Ear converts soundwave into the brain through the nervous vestibulocochlearis, and the fluid movement in vestibular organ contributes to balance perception. Therefore, ear is considered an important sensory organ in social life and maintaining body safety while perceiving various environmental signals. As discussed, several factors, such as life-related noise, age, idiopathic causes and genetic disorders, are involved in hearing impairment. Although prophylaxis and drug administration therapies via oral uptake or intravenous injection have been clinically available for the treatment of hearing impairment, some adverse effects are still encountered with high doses of drugs. Also, for the case of ear syndromes and disorders, there is no clinical options available. Therefore, new strategies to the delivery of therapeutic molecules to the inner ear are highly demanded.

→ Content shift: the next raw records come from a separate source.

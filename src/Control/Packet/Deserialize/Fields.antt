-- ===== src/Control/Packet/Deserialize/Fields.antt =====
-- The reads of `ControlPacket::deserialize`.
use moonlight_common_rust.Common.{
  ℕ, ◌+◌, ◌*◌, ◌^◌, Option, none, some, Outcome, ok, Bytes, length, byte, slice, leb, assert, ◌>>◌,
  ltb, if◌then◌else◌, u16_from_le, u16_from_be, u32_from_le, u32_from_be,
}
use moonlight_common_rust.Control.Packet.{ControlPacket}

-- No error but `none`.
abbrev pub Parsed : Type 0
Parsed = Outcome ⊥ (Option ControlPacket)

abbrev pub found : ControlPacket → Parsed
found packet = ok (some packet)

-- `if payload.len() < n { return None; }`
abbrev pub at_least : ℕ → Bytes → Parsed → Parsed
at_least n payload rest = if ltb (length payload) n then ok none else rest

-- `let Some(value) = ... else { return None; }`
abbrev pub valid : Option ℕ → (ℕ → ControlPacket) → Parsed
valid none packet = ok none
valid (some value) packet = found (packet value)

-- The same, with more to read behind it.
abbrev pub valid_then : Option ℕ → (ℕ → Parsed) → Parsed
valid_then none rest = ok none
valid_then (some value) rest = rest value

abbrev pub u16_le : Bytes → ℕ → ℕ
u16_le p i = u16_from_le (byte p i) (byte p (i + 1))

abbrev pub u16_be : Bytes → ℕ → ℕ
u16_be p i = u16_from_be (byte p i) (byte p (i + 1))

abbrev pub u32_le : Bytes → ℕ → ℕ
u32_le p i = u32_from_le (byte p i) (byte p (i + 1)) (byte p (i + 2)) (byte p (i + 3))

abbrev pub u32_be : Bytes → ℕ → ℕ
u32_be p i = u32_from_be (byte p i) (byte p (i + 1)) (byte p (i + 2)) (byte p (i + 3))

abbrev pub u64_le : Bytes → ℕ → ℕ
u64_le p i = u32_le p i + u32_le p (i + 4) * 2 ^ 32

-- The reads of the code: each panics beyond the end of the bytes.
abbrev pub reads : {A : Type 0} → Bytes → (place_end : ℕ) → A → Outcome ⊥ A
reads p place_end value = assert (leb place_end (length p)) >> ok value

abbrev pub read_u8 : Bytes → ℕ → Outcome ⊥ ℕ
read_u8 p i = reads p (i + 1) (byte p i)

abbrev pub read_u16_le : Bytes → ℕ → Outcome ⊥ ℕ
read_u16_le p i = reads p (i + 2) (u16_le p i)

abbrev pub read_u16_be : Bytes → ℕ → Outcome ⊥ ℕ
read_u16_be p i = reads p (i + 2) (u16_be p i)

abbrev pub read_u32_le : Bytes → ℕ → Outcome ⊥ ℕ
read_u32_le p i = reads p (i + 4) (u32_le p i)

abbrev pub read_u32_be : Bytes → ℕ → Outcome ⊥ ℕ
read_u32_be p i = reads p (i + 4) (u32_be p i)

abbrev pub read_u64_le : Bytes → ℕ → Outcome ⊥ ℕ
read_u64_le p i = reads p (i + 8) (u64_le p i)

abbrev pub read_slice : Bytes → (begin place_end : ℕ) → Outcome ⊥ Bytes
read_slice p begin place_end = reads p place_end (slice begin place_end p)
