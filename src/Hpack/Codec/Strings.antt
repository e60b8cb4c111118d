-- ===== src/Hpack/Codec/Strings.antt =====
-- Strings and literals of internal/hpack, written and read.
use zerodeps_hackk.Base.{
  IsOctets, ℕ, ◌+◌, ◌-◌, ◌%◌, ◌^◌, ◌≤◌, ◌<◌, ◌≡◌, refl, ◌∙◌, sym, Bool, true, false, ltb, leb,
  Bool-cases, inl, inr, if◌then◌else◌, List, [], ◌∷◌, ◌++◌, append_assoc, Option, none, some,
  length, length-append, drop, take_append_length, drop_append_length, arith,
}
use zerodeps_hackk.Hpack.Integer.{append_int, decode_int, max_string_len}
use zerodeps_hackk.Hpack.Integer.RoundTrip.{Clear, decode_int-append_int}
use zerodeps_hackk.Hpack.Codec.{Huffman, append_string, string_data, decode_string}

-- What the codec relies on: a text of octets is decoded from its code, whose length is foretold.
pub record Lossless (huffman : Huffman) : Type 0 where
  pub decode-encode : (s : List ℕ) → IsOctets s → huffman.decode (huffman.encode s) ≡ some s
  pub length-encode : (s : List ℕ) → length (huffman.encode s) ≡ huffman.encoded_len s

-- The first octet carries the flags.
unfoldable pub Starts : ℕ → ℕ → List ℕ → Type 0
Starts low high [] = ⊥
Starts low high (b ∷ s) = (low ≤ b) × (b < high)

pub append_int-Starts :
    (flags n i : ℕ) (src : List ℕ)
    → 2 ≤ 2 ^ n
    → 2 ^ n ≤ 256
    → Starts flags (flags + 2 ^ n) (append_int flags n i ++ src)
unfolding append_int Starts
append_int-Starts flags n i src two octet = elim (Bool-cases (ltb i (2 ^ n - 1))) [
  | inl short ↦ rw short (omega arith, ground arith)
  | inr long ↦ rw long (omega arith, omega arith)
]

-- The flag of a string in Huffman code: the top bit of the octet that its length starts with.
flag_of : Bool → ℕ
flag_of true = 0x80
flag_of false = 0

Clear-flag_of : (coded : Bool) → Clear (flag_of coded) 7
unfolding flag_of
Clear-flag_of true = record {
  low = λ j h. omega (arith, h);
  some_bits = omega arith;
  one_octet = omega arith;
}
Clear-flag_of false = record {
  low = λ j h. omega (arith, h);
  some_bits = omega arith;
  one_octet = omega arith;
}

flag_read :
    (coded : Bool) (b : ℕ)
    → flag_of coded ≤ b
    → b < flag_of coded + 128
    → leb 0x80 (b % 256) ≡ coded
unfolding flag_of
flag_read true b low high = ground arith
flag_read false b low high = ground arith

pub drop_append : (xs ys zs : List ℕ) → drop (length xs) ((xs ++ ys) ++ zs) ≡ ys ++ zs
drop_append xs ys zs = rw append_assoc (drop_append_length xs (ys ++ zs))

-- A string that may be sent in a header block.
abbrev pub Short : List ℕ → Type 0
Short s = IsOctets s × (length s ≤ max_string_len)

module _ (huffman : Huffman) where
  headed :
      (coded : Bool) (src : List ℕ) (len n : ℕ)
      → Starts (flag_of coded) (flag_of coded + 128) src
      → decode_int src 7 ≡ some (len, n)
      → decode_string huffman src ≡ string_data huffman coded src n len
  unfolding decode_string Starts
  headed coded [] len n starts e = absurd starts
  headed coded (b ∷ src) len n (low, high) e =
      rw (e, decode_string) (rw (flag_read coded b low high) refl)

  string_data_read :
      (coded : Bool) (head data' s src : List ℕ)
      → length data' ≤ max_string_len
      → (if coded then huffman.decode data' else some data') ≡ some s
      → string_data huffman coded (head ++ (data' ++ src)) (length head) (length data')
        ≡ some (s, length (head ++ data'))
  unfolding string_data
  string_data_read coded head data' s src short e =
      rw
        (
          not_long,
          enough,
          drop_append_length head (data' ++ src),
          take_append_length data' src,
          length-append head data',
        )
        (by_flag coded e)
    where
      not_long : ltb max_string_len (length data') ≡ false
      not_long = ground (arith, short)

      enough : ltb (length (head ++ (data' ++ src)) - length head) (length data') ≡ false
      enough = ground (arith, length-append head (data' ++ src), length-append data' src)

      by_flag :
          (coded : Bool)
          → (if coded then huffman.decode data' else some data') ≡ some s
          → if◌then◌else◌ {A = Option (List ℕ × ℕ)} coded
              (elim (huffman.decode data') [
                | none ↦ none
                | some t ↦ some (t, length head + length data')
              ])
              (some (data', length head + length data'))
            ≡ some (s, length head + length data')
      by_flag true e = rw e refl
      by_flag false e = cc

  -- A length and as many octets are read as the string that those octets are for.
  framed :
      (coded : Bool) (data' s src : List ℕ)
      → length data' ≤ max_string_len
      → (if coded then huffman.decode data' else some data') ≡ some s
      → (let written = append_int (flag_of coded) 7 (length data') ++ data' in
          decode_string huffman (written ++ src) ≡ some (s, length written))
  framed coded data' s src short e = rw append_assoc (
      headed coded _ (length data') (length written)
        (append_int-Starts (flag_of coded) 7 (length data') (data' ++ src) (omega arith)
          (omega arith))
        (decode_int-append_int (flag_of coded) 7 (length data') (data' ++ src) (Clear-flag_of coded)
          (omega (arith, short)))
      ∙ string_data_read coded written data' s src short e)
    where
      written : List ℕ
      written = append_int (flag_of coded) 7 (length data')

  pub decode_string-append_string :
      (s src : List ℕ)
      → Lossless huffman
      → Short s
      → decode_string huffman (append_string huffman s ++ src)
        ≡ some (s, length (append_string huffman s))
  unfolding append_string flag_of
  decode_string-append_string s src lossless (octets, short) =
      elim (Bool-cases (ltb (huffman.encoded_len s) (length s))) [
        | inl shorter ↦
            rw (shorter, sym (lossless.length-encode s))
              (framed true (huffman.encode s) s src
                (ground (arith, short, lossless.length-encode s)) (lossless.decode-encode s octets))
        | inr longer ↦ rw longer (framed false s s src short refl)
      ]
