-- ===== src/Hpack/Codec/Literals.antt =====
-- Literals of internal/hpack, written and read with the same table.
use zerodeps_hackk.Base.{
  ℕ, zero, suc, ◌+◌, ◌^◌, ◌≤◌, ◌<◌, ◌≡◌, refl, ap, ◌∙◌, sym, subst, List, ◌++◌, append_assoc,
  Option, none, some, length, length-append, drop, arith,
}
use zerodeps_hackk.H2.{Field}
use zerodeps_hackk.Hpack.Dynamic.{DynamicTable}
use zerodeps_hackk.Hpack.Integer.{append_int, decode_int, max_int_value}
use zerodeps_hackk.Hpack.Integer.RoundTrip.{Clear, decode_int-append_int}
use zerodeps_hackk.Hpack.Codec.{
  Huffman, append_string, decode_string, lookup_indexed, find_name_index, encode_literal,
  literal_value, literal_name, decode_literal,
}
use zerodeps_hackk.Hpack.Codec.Strings.{
  Lossless, Short, Starts, append_int-Starts, drop_append, decode_string-append_string,
}
use zerodeps_hackk.Hpack.Codec.Index.{MayPoint, find_name_index-Points}
use zerodeps_hackk.Hpack.Codec.Exact.{plain_field}

module _ (huffman : Huffman) (lossless : Lossless huffman) where
  value_read :
      (head value rest name : List ℕ)
      → Short value
      → (let octets = head ++ append_string huffman value in
          literal_value huffman (octets ++ rest) name (length head)
          ≡ some (plain_field name value, length octets))
  unfolding literal_value
  value_read head value rest name short =
      rw
        (
          drop_append head (append_string huffman value) rest,
          decode_string-append_string huffman value rest lossless short,
          length-append head (append_string huffman value),
          literal_value,
        )
        refl

  named_read :
      (dt : DynamicTable) (src : List ℕ) (i n : ℕ) (f : Field)
      → 0 < i
      → lookup_indexed dt i ≡ some f
      → literal_name huffman dt src i n ≡ literal_value huffman src f.name n
  unfolding literal_name
  named_read dt src zero n f pos e = absurd (omega (arith, pos))
  named_read dt src (suc i) n f pos e = rw (e, literal_name) refl

  spelled_read :
      (dt : DynamicTable) (head name value rest : List ℕ)
      → Short name
      → Short value
      → (let octets = head ++ append_string huffman name ++ append_string huffman value in
          literal_name huffman dt (octets ++ rest) zero (length head)
          ≡ some (plain_field name value, length octets))
  unfolding literal_name
  spelled_read dt head name value rest short_name short_value =
      spelled _ (length (append_string huffman name)) (
        ap (λ src. decode_string huffman (drop (length head) src))
          (append_assoc (head ++ append_string huffman name) (append_string huffman value) rest)
        ∙ ap (decode_string huffman)
            (drop_append head (append_string huffman name) (append_string huffman value ++ rest))
        ∙ decode_string-append_string huffman name _ lossless short_name)
      ∙ ap (literal_value huffman _ name) (sym (length-append head (append_string huffman name)))
      ∙ value_read (head ++ append_string huffman name) value rest name short_value
    where
      spelled :
          (src : List ℕ) (m : ℕ)
          → decode_string huffman (drop (length head) src) ≡ some (name, m)
          → literal_name huffman dt src zero (length head)
            ≡ literal_value huffman src name (length head + m)
      spelled src m e = rw (e, literal_name) refl

  decoded :
      (dt : DynamicTable) (n i consumed : ℕ) (src : List ℕ)
      → decode_int src n ≡ some (i, consumed)
      → decode_literal huffman dt src n ≡ literal_name huffman dt src i consumed
  unfolding decode_literal literal_name
  decoded dt n i consumed src e = rw (e, decode_literal) refl

  -- The decoder reads the index that octets start with.
  index_read :
      (dt : DynamicTable) (flag n i : ℕ) (src tail : List ℕ)
      → Clear flag n
      → i ≤ max_int_value
      → src ≡ append_int flag n i ++ tail
      → decode_literal huffman dt src n
        ≡ literal_name huffman dt src i (length (append_int flag n i))
  index_read dt flag n i src tail clear fits e =
      decoded dt n i (length (append_int flag n i)) src
        (ap (λ src. decode_int src n) e ∙ decode_int-append_int flag n i tail clear fits)

  -- What `encodeLiteral` writes is read as a field of that name and value.
  pub decode_literal-encode_literal :
      (dt : DynamicTable) (f : Field) (flag n : ℕ) (rest : List ℕ)
      → Clear flag n
      → 61 + length dt.entries ≤ max_int_value
      → Short f.name
      → Short f.value
      → decode_literal huffman dt (encode_literal huffman dt f flag n ++ rest) n
        ≡ some (plain_field f.name f.value, length (encode_literal huffman dt f flag n))
  unfolding encode_literal
  decode_literal-encode_literal dt f flag n rest clear fits short_name short_value =
      read (find_name_index dt f.name) (find_name_index-Points dt f.name)
    where
      value : List ℕ
      value = append_string huffman f.value

      read :
          (o : Option ℕ)
          → MayPoint dt f.name o
          → (let octets : List ℕ = elim o [
            | some i ↦ append_int flag n i ++ value
            | none ↦ append_int flag n 0 ++ append_string huffman f.name ++ value
          ] in
              decode_literal huffman dt (octets ++ rest) n
              ≡ some (plain_field f.name f.value, length octets))
      read none nowhere =
          index_read dt flag n 0 _ _ clear (omega arith) (
            append_assoc (append_int flag n 0 ++ append_string huffman f.name) value rest
            ∙ append_assoc (append_int flag n 0) (append_string huffman f.name) (value ++ rest))
          ∙ spelled_read dt (append_int flag n 0) f.name f.value rest short_name short_value
      read (some i) there =
          index_read dt flag n i _ _ clear (omega (arith, there.bounded, fits))
            (append_assoc (append_int flag n i) value rest)
          ∙ named_read dt _ i (length (append_int flag n i)) there.field there.positive
              there.looked_up
          ∙ ap (λ name. literal_value huffman _ name (length (append_int flag n i))) there.named
          ∙ value_read (append_int flag n i) f.value rest f.name short_value

  pub encode_literal-Starts :
      (dt : DynamicTable) (f : Field) (flag n : ℕ) (rest : List ℕ)
      → Clear flag n
      → Starts flag (flag + 2 ^ n) (encode_literal huffman dt f flag n ++ rest)
  unfolding encode_literal
  encode_literal-Starts dt f flag n rest clear = starts (find_name_index dt f.name)
    where
      value : List ℕ
      value = append_string huffman f.value

      starts :
          (o : Option ℕ)
          → Starts flag (flag + 2 ^ n) (
              elim o [
                | some i ↦ append_int flag n i ++ value
                | none ↦ append_int flag n 0 ++ append_string huffman f.name ++ value
              ]
              ++ rest)
      starts none =
          subst (Starts flag (flag + 2 ^ n))
            (sym (
              append_assoc (append_int flag n 0 ++ append_string huffman f.name) value rest
              ∙ append_assoc (append_int flag n 0) (append_string huffman f.name) (value ++ rest)))
            (append_int-Starts flag n 0 _ clear.some_bits clear.one_octet)
      starts (some i) =
          subst (Starts flag (flag + 2 ^ n)) (sym (append_assoc (append_int flag n i) value rest))
            (append_int-Starts flag n i _ clear.some_bits clear.one_octet)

Recent experimental studies have highlighted the active role of biomaterials for the treatment of ear disorders. Direct injection of therapeutic drugs with biomaterials into middle ear is considered one of the best options for inner ear delivery. Among else, NPs and hydrogels offer promising platforms for the efficient loading and controlled delivery of therapeutic molecules with much reduced side effects. Furthermore, those delivery systems can overcome several anatomical barriers to reach the target cells in the inner ear, including the penetration of epithelial layer and target cell membrane, and the escape of lysosomal degradation inside cells. In the future therapy, non-viral gene delivery with NPs is also considered for the treatment of ear disorders caused by genetic syndromes due to their safety.